## YOUR INSTRUCTIONS
Produce word for word the lines of the data below running from the one that has "mul_bits-IsCanonical n (bits" to the one that has "take-append_short zero xs ys h = refl", inclusive, and no others.
BEGIN MATERIALS PROVIDED
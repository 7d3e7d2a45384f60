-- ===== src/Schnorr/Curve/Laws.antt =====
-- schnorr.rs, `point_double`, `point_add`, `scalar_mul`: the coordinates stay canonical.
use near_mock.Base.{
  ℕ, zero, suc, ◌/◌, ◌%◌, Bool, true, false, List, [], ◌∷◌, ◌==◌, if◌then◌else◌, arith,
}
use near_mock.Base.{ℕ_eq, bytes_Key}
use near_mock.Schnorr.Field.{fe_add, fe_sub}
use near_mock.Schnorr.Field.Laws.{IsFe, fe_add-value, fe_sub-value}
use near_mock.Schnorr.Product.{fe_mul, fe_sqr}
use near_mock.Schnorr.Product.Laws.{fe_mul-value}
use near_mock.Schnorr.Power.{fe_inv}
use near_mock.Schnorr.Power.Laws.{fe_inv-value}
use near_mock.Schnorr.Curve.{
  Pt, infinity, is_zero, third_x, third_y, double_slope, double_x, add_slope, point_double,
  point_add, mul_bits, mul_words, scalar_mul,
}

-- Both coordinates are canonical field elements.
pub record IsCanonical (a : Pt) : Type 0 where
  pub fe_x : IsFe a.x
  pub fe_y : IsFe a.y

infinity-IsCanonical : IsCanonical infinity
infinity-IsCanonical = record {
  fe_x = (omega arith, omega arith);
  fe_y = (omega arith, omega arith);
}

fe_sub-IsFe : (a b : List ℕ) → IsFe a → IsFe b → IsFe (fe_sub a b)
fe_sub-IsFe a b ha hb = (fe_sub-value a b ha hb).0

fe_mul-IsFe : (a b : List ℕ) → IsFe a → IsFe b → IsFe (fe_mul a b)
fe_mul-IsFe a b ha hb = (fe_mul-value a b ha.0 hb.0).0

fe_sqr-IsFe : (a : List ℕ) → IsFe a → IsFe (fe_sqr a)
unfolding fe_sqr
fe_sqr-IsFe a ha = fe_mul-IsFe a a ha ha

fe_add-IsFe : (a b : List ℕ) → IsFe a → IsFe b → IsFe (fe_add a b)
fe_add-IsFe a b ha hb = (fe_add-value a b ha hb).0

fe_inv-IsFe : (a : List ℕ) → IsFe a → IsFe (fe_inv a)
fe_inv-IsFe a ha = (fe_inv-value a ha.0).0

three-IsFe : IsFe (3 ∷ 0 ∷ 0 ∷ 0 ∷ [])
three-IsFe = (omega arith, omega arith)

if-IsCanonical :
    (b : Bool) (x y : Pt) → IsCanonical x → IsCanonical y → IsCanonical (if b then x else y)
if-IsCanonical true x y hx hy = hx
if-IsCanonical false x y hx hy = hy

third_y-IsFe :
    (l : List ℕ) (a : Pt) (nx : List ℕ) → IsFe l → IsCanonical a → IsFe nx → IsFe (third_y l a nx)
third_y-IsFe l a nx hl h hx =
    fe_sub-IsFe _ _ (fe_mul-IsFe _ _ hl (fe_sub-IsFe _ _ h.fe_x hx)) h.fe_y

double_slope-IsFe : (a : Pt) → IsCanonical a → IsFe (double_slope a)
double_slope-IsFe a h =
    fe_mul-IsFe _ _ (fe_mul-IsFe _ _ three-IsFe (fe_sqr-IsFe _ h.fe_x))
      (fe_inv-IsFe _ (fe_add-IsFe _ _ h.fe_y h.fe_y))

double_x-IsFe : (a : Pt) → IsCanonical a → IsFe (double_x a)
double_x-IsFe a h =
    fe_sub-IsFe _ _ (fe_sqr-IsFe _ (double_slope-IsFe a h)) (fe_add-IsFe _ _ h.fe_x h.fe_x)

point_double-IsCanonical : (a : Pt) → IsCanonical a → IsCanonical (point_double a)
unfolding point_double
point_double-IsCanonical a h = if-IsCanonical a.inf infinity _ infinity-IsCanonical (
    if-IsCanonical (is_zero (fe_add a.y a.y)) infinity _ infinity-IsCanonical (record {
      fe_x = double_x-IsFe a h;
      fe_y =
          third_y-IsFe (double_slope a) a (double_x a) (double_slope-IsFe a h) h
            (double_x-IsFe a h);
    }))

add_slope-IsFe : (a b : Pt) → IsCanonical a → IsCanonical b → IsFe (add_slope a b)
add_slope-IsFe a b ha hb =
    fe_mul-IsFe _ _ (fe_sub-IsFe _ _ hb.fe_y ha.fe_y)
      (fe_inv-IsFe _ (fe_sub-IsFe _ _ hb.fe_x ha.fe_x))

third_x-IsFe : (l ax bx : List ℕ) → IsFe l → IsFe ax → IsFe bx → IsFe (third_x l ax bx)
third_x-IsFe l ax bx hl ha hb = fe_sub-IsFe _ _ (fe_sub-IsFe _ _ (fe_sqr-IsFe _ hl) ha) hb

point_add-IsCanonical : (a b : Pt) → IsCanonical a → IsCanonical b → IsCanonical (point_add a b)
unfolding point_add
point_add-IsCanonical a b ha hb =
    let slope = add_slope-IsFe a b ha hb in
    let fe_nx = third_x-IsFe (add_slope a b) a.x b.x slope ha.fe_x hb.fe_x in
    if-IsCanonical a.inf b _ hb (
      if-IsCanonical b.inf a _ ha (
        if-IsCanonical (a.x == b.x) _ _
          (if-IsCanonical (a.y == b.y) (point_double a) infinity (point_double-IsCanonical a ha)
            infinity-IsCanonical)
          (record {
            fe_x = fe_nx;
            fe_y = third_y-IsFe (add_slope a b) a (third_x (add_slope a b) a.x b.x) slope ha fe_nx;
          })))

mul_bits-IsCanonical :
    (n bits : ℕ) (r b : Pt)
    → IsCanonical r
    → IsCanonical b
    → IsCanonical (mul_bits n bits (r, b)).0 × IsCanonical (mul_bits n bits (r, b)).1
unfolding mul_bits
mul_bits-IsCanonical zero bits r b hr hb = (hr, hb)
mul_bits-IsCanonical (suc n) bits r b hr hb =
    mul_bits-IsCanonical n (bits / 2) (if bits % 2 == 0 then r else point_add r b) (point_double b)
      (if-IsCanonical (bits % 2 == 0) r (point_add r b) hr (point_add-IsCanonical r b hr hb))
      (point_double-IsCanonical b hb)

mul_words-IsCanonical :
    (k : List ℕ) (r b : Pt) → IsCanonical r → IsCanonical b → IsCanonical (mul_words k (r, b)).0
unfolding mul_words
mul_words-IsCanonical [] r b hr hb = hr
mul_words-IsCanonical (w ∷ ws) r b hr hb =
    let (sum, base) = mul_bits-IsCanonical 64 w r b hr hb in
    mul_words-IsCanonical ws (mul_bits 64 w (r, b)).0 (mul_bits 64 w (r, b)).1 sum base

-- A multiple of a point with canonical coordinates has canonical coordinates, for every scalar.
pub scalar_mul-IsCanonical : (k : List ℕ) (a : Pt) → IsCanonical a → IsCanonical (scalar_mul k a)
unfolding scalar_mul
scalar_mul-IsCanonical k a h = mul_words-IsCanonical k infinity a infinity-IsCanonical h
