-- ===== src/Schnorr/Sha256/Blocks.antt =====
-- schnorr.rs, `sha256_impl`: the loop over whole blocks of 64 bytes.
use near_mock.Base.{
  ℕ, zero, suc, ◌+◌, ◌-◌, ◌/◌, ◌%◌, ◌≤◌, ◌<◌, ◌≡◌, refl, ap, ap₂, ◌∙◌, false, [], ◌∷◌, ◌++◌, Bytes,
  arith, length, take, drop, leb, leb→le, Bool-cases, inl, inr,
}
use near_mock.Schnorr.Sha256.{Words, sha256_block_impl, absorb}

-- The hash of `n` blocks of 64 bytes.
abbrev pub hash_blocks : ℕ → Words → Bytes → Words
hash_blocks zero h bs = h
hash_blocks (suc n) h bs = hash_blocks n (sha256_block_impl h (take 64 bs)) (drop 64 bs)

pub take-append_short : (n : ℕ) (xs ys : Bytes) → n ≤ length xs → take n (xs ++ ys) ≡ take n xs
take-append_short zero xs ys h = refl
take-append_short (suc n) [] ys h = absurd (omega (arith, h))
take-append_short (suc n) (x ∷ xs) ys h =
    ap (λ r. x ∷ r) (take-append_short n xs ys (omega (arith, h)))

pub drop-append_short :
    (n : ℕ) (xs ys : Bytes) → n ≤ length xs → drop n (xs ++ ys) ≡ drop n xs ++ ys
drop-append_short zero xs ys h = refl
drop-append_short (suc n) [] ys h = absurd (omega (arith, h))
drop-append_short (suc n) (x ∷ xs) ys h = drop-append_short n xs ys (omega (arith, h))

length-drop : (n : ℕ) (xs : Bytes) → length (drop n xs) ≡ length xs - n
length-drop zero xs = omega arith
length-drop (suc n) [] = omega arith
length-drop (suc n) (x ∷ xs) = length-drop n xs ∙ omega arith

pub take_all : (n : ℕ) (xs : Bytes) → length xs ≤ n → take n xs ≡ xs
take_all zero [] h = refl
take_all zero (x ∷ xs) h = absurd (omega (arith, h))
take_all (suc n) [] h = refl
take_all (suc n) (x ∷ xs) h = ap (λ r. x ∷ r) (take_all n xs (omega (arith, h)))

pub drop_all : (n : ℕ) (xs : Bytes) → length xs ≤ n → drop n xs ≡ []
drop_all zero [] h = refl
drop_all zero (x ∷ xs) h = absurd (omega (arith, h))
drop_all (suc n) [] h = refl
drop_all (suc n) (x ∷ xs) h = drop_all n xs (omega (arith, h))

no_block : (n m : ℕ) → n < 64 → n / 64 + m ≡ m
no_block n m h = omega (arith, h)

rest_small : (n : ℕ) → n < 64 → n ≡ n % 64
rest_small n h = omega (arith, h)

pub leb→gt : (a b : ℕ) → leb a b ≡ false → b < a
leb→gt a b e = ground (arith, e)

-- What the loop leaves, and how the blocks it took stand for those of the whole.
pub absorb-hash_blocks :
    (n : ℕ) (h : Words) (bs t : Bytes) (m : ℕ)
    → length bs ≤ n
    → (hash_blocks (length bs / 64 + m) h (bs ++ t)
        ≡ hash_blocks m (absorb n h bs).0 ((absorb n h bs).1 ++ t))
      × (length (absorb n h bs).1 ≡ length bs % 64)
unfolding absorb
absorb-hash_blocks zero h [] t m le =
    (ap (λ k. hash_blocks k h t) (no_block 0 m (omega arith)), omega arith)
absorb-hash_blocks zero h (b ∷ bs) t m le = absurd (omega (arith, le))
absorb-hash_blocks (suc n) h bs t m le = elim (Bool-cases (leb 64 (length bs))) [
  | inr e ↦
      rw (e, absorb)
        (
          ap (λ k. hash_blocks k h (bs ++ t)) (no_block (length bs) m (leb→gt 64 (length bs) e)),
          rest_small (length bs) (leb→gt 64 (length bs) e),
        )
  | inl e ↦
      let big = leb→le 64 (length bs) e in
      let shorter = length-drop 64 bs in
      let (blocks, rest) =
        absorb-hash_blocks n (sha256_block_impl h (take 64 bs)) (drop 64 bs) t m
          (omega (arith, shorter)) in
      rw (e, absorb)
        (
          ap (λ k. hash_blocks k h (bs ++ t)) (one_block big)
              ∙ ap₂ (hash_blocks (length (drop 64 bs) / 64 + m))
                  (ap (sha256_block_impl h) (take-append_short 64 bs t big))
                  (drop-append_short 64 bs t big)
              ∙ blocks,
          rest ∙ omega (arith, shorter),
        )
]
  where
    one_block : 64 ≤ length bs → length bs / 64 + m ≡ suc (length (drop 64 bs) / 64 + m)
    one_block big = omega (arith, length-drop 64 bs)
END MATERIALS PROVIDED
## ANSWER TO THE EXERCISE
    mul_bits-IsCanonical n (bits / 2) (if bits % 2 == 0 then r else point_add r b) (point_double b)
      (if-IsCanonical (bits % 2 == 0) r (point_add r b) hr (point_add-IsCanonical r b hr hb))
      (point_double-IsCanonical b hb)

mul_words-IsCanonical :
    (k : List ℕ) (r b : Pt) → IsCanonical r → IsCanonical b → IsCanonical (mul_words k (r, b)).0
unfolding mul_words
mul_words-IsCanonical [] r b hr hb = hr
mul_words-IsCanonical (w ∷ ws) r b hr hb =
    let (sum, base) = mul_bits-IsCanonical 64 w r b hr hb in
    mul_words-IsCanonical ws (mul_bits 64 w (r, b)).0 (mul_bits 64 w (r, b)).1 sum base

-- A multiple of a point with canonical coordinates has canonical coordinates, for every scalar.
pub scalar_mul-IsCanonical : (k : List ℕ) (a : Pt) → IsCanonical a → IsCanonical (scalar_mul k a)
unfolding scalar_mul
scalar_mul-IsCanonical k a h = mul_words-IsCanonical k infinity a infinity-IsCanonical h
-- ===== src/Schnorr/Sha256/Blocks.antt =====
-- schnorr.rs, `sha256_impl`: the loop over whole blocks of 64 bytes.
use near_mock.Base.{
  ℕ, zero, suc, ◌+◌, ◌-◌, ◌/◌, ◌%◌, ◌≤◌, ◌<◌, ◌≡◌, refl, ap, ap₂, ◌∙◌, false, [], ◌∷◌, ◌++◌, Bytes,
  arith, length, take, drop, leb, leb→le, Bool-cases, inl, inr,
}
use near_mock.Schnorr.Sha256.{Words, sha256_block_impl, absorb}

-- The hash of `n` blocks of 64 bytes.
abbrev pub hash_blocks : ℕ → Words → Bytes → Words
hash_blocks zero h bs = h
hash_blocks (suc n) h bs = hash_blocks n (sha256_block_impl h (take 64 bs)) (drop 64 bs)

pub take-append_short : (n : ℕ) (xs ys : Bytes) → n ≤ length xs → take n (xs ++ ys) ≡ take n xs
take-append_short zero xs ys h = refl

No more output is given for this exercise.